Being in Samoa, we are used to people just showing up, but since these
people were from New Zealand and America, we weren't sure how they
would take our unexpected visit. As we let ourselves in and walked
upstairs to find them in the kitchen, they sure were surprised.
(Thankfully it was a good surprise.) We snacked on cookies and water
before deciding to take a nice cool dip in the ocean.
This village had also been effected by the tsunami, and as we walked
towards the coast we saw many frames of houses still there in the
rubble. We also walked past a group of short term volunteers from New
Zealand and Australia who were building a playground for the
community. The water felt great, but knowing that we still had a few
hours of riding (we decided by that point we would make it to Jenny's
house) we didn't stay long in the water. We were invited to stay the
night, but decided we wanted to finish it. (Well Jenny would finish,
I still had 2 hours of riding after her.)
It was still hot when we left, and we passed by a coconut stand. I
decided to fill all of my water bottles with the delicious niu, and so
did Jenny. We also drank them while we were there. All in all, we
went through 8 coconuts. It was a site to see, as the girls kept
giggling as they opened them. We needed the energy because our stop
at Poutasi meant that we would skip our delicious dinner, since we did
not want to ride our bikes in the dark (or after sa-curfew)
We passed by the National Parks where there are nice waterfalls and a
trail to Ma Tree. We were excited when we finally made it to Siumu.

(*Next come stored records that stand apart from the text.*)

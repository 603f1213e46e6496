-- ===== src/Tools/Validator/Complete.antt =====
-- `ValidateCall` on the calls that are allowed.
use animus_coder.Base.{◌≡◌, ◌↔◌, inl, inr, none, some, arith, Option-cases, text_eq}
use animus_coder.Tools.Value.{Args}
use animus_coder.Tools.Schema.{ToolRegistry, schema, schemas, schema_named}
use animus_coder.Tools.Validator.{
  fits_kind, check_field, validate_fields, validate_schema, check_tool, validate_call,
}
use animus_coder.Tools.Validator.Allowed.{
  Tool, read_file, write_file, search_text, execute, apply_patch, git_status, restore_backup,
  list_backups, preview_backup, search_meaning, name_of, Allowed,
}
use animus_coder.Tools.Validator.Sound.{validate_call-Allowed}

read_file_complete :
    (reg : ToolRegistry) (args : Args)
    → Allowed read_file reg args
    → validate_call (some reg) (name_of read_file) args ≡ none
unfolding validate_call check_tool schema schemas schema_named text_eq validate_schema
    validate_fields check_field fits_kind
read_file_complete reg args (s, e) = ground arith

write_file_complete :
    (reg : ToolRegistry) (args : Args)
    → Allowed write_file reg args
    → validate_call (some reg) (name_of write_file) args ≡ none
unfolding validate_call check_tool schema schemas schema_named text_eq validate_schema
    validate_fields check_field fits_kind
write_file_complete reg args ((s, e), (c, ec), d, (fs, ef, w)) = elim d [
  | inl d ↦ ground arith
  | inr d ↦ ground arith
]

search_text_complete :
    (reg : ToolRegistry) (args : Args)
    → Allowed search_text reg args
    → validate_call (some reg) (name_of search_text) args ≡ none
unfolding validate_call check_tool schema schemas schema_named text_eq validate_schema
    validate_fields check_field fits_kind
search_text_complete reg args (s, e) = elim (Option-cases reg.semantic) [
  | inl q ↦ ground arith
  | inr (x, q) ↦ ground arith
]

execute_complete :
    (reg : ToolRegistry) (args : Args)
    → Allowed execute reg args
    → validate_call (some reg) (name_of execute) args ≡ none
unfolding validate_call check_tool schema schemas schema_named text_eq validate_schema
    validate_fields check_field fits_kind
execute_complete reg args ((s, e), d, (t, et, a)) = elim d [
  | inl d ↦ ground arith
  | inr d ↦ ground arith
]

apply_patch_complete :
    (reg : ToolRegistry) (args : Args)
    → Allowed apply_patch reg args
    → validate_call (some reg) (name_of apply_patch) args ≡ none
unfolding validate_call check_tool schema schemas schema_named text_eq validate_schema
    validate_fields check_field fits_kind
apply_patch_complete reg args ((s, e), d, (g, eg, a, o)) = elim d [
  | inl d ↦ elim o [ inl q ↦ ground arith | inr q ↦ absurd (cc (d, q)) ]
  | inr d ↦ elim o [ inl q ↦ ground arith | inr q ↦ ground arith ]
]

git_status_complete :
    (reg : ToolRegistry) (args : Args)
    → Allowed git_status reg args
    → validate_call (some reg) (name_of git_status) args ≡ none
unfolding validate_call check_tool schema schemas schema_named text_eq validate_schema
    validate_fields check_field fits_kind
git_status_complete reg args (g, eg, a, o) = elim (Option-cases reg.semantic) [
  | inl q ↦ ground arith
  | inr (x, q) ↦ ground arith
]

restore_backup_complete :
    (reg : ToolRegistry) (args : Args)
    → Allowed restore_backup reg args
    → validate_call (some reg) (name_of restore_backup) args ≡ none
unfolding validate_call check_tool schema schemas schema_named text_eq validate_schema
    validate_fields check_field fits_kind
restore_backup_complete reg args (d, (g, eg, a, o)) = elim d [
  | inl d ↦ ground arith
  | inr d ↦ ground arith
]

list_backups_complete :
    (reg : ToolRegistry) (args : Args)
    → Allowed list_backups reg args
    → validate_call (some reg) (name_of list_backups) args ≡ none
unfolding validate_call check_tool schema schemas schema_named text_eq validate_schema
    validate_fields check_field fits_kind
list_backups_complete reg args (g, eg, a, o) = ground arith

preview_backup_complete :
    (reg : ToolRegistry) (args : Args)
    → Allowed preview_backup reg args
    → validate_call (some reg) (name_of preview_backup) args ≡ none
unfolding validate_call check_tool schema schemas schema_named text_eq validate_schema
    validate_fields check_field fits_kind
preview_backup_complete reg args (d, (g, eg, a, o)) = elim d [
  | inl d ↦ ground arith
  | inr d ↦ ground arith
]

search_meaning_complete :
    (reg : ToolRegistry) (args : Args)
    → Allowed search_meaning reg args
    → validate_call (some reg) (name_of search_meaning) args ≡ none
unfolding validate_call check_tool schema schemas schema_named text_eq validate_schema
    validate_fields check_field fits_kind
search_meaning_complete reg args ((s, e), d, (engine, en)) = elim d [
  | inl d ↦ ground arith
  | inr d ↦ ground arith
]

validate_call_complete :
    (tool : Tool) (reg : ToolRegistry) (args : Args)
    → Allowed tool reg args
    → validate_call (some reg) (name_of tool) args ≡ none
validate_call_complete read_file reg args h = read_file_complete reg args h
validate_call_complete write_file reg args h = write_file_complete reg args h
validate_call_complete search_text reg args h = search_text_complete reg args h
validate_call_complete execute reg args h = execute_complete reg args h
validate_call_complete apply_patch reg args h = apply_patch_complete reg args h
validate_call_complete git_status reg args h = git_status_complete reg args h
validate_call_complete restore_backup reg args h = restore_backup_complete reg args h
validate_call_complete list_backups reg args h = list_backups_complete reg args h
validate_call_complete preview_backup reg args h = preview_backup_complete reg args h
validate_call_complete search_meaning reg args h = search_meaning_complete reg args h

-- `validate_call` accepts a call of a tool exactly when the registry and the arguments allow it: the
-- keys that the tool needs hold texts, the optional ones are missing or of the right kind, a file is
-- written only where writing is allowed, a command is run only where execution is, git is used only
-- where it is allowed, and where only dry runs are, a patch is applied only as a dry run.
pub validate_call_iff :
    (tool : Tool) (reg : ToolRegistry) (args : Args)
    → (validate_call (some reg) (name_of tool) args ≡ none) ↔ Allowed tool reg args
validate_call_iff tool reg args =
    (validate_call-Allowed tool reg args, validate_call_complete tool reg args)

Siumu is where the cross island road to Apia goes. We had ridded over
half way around. Soon we reached Sinalei Resort, the resort where our
Perimeter relay started. It marked the fact that we had ridden 64
miles so far that day. We were extremely proud, and tired, but knew
we needed to keep going.
It was an uphill journey as we did our last two hours. I don't know
about Jenny but I was exhausted from the two previous days and just
wanted to stop, but she was my motivator as she counted the villages
until we got to hers.
When we finally reached her village it was close to 8. Sa was about
to start, so we bought some food and waited for the curfew to end to
get back on our bikes. While we waited at the store, some asked Jenny
where she was. She responded that the previous day she rode her bike
to Apia, and decided to ride it the long way home so she could swim at
Lalomanu. They must have thought we were crazy.
When sa ended, we went back on our bikes and rode to Jenny's house.
It was such a thrill to make it to her house with everything that had
happened that day. We celebrated that evening with egg sandwiches and
cookies, which were exactly what I wanted.